*** Opening of EXERCISE MATERIALS ***
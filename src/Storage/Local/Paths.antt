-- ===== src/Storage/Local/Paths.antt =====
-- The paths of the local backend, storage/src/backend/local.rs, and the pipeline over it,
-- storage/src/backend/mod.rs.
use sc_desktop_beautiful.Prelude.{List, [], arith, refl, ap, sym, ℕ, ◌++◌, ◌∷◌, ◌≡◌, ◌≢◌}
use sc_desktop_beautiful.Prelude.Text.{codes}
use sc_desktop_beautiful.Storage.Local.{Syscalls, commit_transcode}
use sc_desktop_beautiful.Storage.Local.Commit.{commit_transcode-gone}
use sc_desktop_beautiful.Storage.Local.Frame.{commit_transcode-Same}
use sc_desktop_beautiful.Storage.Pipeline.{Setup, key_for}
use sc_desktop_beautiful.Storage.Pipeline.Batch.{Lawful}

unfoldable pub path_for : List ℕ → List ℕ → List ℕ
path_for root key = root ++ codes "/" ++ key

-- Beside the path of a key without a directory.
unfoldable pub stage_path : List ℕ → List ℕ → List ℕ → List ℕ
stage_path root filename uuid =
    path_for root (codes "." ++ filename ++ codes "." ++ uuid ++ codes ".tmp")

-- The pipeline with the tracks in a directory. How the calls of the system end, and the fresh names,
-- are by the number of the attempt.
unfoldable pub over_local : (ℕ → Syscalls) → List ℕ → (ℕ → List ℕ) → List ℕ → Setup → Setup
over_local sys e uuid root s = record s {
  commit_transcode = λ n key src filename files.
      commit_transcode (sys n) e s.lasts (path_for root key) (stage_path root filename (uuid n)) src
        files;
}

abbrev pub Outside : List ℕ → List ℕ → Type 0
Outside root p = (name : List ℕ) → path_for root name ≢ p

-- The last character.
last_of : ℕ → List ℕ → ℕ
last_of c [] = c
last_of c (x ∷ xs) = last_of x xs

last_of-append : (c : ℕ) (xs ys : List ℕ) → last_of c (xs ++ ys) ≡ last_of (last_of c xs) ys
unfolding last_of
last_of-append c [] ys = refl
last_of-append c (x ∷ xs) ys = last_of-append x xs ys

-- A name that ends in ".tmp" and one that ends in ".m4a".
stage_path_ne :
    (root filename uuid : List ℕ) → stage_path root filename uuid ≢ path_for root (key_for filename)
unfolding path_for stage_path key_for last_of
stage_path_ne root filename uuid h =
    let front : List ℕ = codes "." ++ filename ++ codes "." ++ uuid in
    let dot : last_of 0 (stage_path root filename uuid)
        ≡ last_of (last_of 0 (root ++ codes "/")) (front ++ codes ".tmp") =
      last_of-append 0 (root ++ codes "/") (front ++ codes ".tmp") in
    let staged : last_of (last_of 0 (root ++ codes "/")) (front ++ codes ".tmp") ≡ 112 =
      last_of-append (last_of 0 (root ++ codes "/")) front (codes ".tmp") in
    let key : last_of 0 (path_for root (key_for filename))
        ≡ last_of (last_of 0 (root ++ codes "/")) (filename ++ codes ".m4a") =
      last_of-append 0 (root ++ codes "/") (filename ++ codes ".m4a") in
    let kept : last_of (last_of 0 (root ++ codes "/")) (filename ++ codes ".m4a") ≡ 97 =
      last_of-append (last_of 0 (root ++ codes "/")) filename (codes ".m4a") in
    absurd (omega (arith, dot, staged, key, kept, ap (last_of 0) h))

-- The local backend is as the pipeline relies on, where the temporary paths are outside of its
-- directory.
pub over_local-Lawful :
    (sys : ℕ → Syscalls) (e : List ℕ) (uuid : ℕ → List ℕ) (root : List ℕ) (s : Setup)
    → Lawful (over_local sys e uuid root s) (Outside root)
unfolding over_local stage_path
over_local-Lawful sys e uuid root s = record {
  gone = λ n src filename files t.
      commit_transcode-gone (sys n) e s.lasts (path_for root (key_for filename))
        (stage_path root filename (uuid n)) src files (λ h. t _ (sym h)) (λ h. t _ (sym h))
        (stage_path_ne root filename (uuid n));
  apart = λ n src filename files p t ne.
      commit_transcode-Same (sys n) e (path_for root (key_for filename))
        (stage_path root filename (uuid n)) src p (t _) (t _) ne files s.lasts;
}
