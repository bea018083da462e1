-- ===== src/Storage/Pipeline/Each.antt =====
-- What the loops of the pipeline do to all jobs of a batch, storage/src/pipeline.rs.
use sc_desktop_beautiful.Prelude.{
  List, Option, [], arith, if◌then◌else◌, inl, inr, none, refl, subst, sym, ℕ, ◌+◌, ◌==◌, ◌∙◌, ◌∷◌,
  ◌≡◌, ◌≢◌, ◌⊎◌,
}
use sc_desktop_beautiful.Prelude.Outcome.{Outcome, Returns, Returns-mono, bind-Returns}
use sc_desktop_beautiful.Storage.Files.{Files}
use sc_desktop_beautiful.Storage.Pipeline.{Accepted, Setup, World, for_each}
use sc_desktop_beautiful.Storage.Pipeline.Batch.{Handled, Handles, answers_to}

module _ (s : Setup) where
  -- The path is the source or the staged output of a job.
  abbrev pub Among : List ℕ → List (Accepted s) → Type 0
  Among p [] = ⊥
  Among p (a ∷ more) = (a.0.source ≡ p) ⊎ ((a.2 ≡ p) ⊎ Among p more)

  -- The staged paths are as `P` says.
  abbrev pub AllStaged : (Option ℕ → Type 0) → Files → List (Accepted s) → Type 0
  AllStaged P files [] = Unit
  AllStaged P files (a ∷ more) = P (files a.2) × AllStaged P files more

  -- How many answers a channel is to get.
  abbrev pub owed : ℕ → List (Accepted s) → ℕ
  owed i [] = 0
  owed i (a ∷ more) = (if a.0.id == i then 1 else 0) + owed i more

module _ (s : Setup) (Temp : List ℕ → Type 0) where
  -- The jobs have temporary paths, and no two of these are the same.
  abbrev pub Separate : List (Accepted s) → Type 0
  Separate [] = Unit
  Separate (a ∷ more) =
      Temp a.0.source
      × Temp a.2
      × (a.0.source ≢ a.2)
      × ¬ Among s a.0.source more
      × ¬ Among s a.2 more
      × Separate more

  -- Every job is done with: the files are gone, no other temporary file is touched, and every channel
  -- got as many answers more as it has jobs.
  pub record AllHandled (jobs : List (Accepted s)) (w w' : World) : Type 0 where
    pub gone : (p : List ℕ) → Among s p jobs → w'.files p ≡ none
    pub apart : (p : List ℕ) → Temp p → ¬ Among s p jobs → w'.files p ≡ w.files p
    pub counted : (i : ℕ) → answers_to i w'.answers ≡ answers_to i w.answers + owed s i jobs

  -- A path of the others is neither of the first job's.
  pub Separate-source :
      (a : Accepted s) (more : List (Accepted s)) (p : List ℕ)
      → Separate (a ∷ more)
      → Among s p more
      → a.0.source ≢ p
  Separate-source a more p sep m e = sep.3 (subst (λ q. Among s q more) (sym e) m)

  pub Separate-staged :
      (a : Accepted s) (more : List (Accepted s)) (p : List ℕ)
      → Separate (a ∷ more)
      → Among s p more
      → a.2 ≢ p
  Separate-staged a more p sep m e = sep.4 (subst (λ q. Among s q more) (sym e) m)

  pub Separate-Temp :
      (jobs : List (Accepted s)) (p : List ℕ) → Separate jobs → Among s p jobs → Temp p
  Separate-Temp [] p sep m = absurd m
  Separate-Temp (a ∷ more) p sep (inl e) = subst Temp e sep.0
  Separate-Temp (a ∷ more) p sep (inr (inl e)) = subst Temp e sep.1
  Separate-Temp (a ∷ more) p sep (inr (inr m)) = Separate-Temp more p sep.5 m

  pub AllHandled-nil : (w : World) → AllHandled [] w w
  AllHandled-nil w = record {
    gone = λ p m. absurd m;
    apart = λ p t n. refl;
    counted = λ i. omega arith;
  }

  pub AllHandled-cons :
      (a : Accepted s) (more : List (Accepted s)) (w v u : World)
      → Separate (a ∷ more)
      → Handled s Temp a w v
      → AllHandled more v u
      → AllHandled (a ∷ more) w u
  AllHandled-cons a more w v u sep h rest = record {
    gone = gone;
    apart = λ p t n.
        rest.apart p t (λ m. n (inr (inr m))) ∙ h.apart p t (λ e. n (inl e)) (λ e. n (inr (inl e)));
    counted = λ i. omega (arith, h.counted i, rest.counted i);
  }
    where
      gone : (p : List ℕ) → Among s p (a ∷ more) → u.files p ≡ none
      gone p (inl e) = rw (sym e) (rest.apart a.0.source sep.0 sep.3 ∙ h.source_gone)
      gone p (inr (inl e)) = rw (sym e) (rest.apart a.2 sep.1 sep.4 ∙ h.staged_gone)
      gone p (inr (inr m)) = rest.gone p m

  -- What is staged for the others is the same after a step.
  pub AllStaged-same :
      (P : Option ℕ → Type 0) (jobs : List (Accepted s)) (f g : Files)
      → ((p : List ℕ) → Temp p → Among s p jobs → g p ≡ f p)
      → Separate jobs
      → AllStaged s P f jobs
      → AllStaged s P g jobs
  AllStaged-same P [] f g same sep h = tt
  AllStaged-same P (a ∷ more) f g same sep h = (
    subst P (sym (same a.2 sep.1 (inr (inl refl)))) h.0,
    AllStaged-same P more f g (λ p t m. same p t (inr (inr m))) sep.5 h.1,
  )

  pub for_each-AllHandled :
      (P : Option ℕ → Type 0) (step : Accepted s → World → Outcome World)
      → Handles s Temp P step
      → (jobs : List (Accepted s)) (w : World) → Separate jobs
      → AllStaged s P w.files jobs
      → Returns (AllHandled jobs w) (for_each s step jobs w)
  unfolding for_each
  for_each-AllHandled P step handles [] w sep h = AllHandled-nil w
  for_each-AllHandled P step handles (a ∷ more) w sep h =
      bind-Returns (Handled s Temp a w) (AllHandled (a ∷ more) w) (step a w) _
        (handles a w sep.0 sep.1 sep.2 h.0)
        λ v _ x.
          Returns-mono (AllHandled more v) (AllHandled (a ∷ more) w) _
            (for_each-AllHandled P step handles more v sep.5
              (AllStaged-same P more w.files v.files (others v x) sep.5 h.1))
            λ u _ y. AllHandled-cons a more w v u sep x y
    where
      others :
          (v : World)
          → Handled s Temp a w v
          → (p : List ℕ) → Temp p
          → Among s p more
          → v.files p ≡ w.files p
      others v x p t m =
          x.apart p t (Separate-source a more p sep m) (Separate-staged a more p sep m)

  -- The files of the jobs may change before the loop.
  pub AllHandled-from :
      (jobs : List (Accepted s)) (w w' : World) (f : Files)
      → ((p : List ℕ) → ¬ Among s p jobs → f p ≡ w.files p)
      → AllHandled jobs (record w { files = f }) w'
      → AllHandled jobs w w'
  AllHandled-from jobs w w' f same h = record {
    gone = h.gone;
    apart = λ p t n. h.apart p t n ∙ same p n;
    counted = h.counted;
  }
*** Close of EXERCISE MATERIALS ***
WORK ORDER:
Scan the entries above and copy each line where "What" occurs.

SOLUTION FOR THIS EXERCISE:
-- What the loops of the pipeline do to all jobs of a batch, storage/src/pipeline.rs.
  -- What is staged for the others is the same after a step.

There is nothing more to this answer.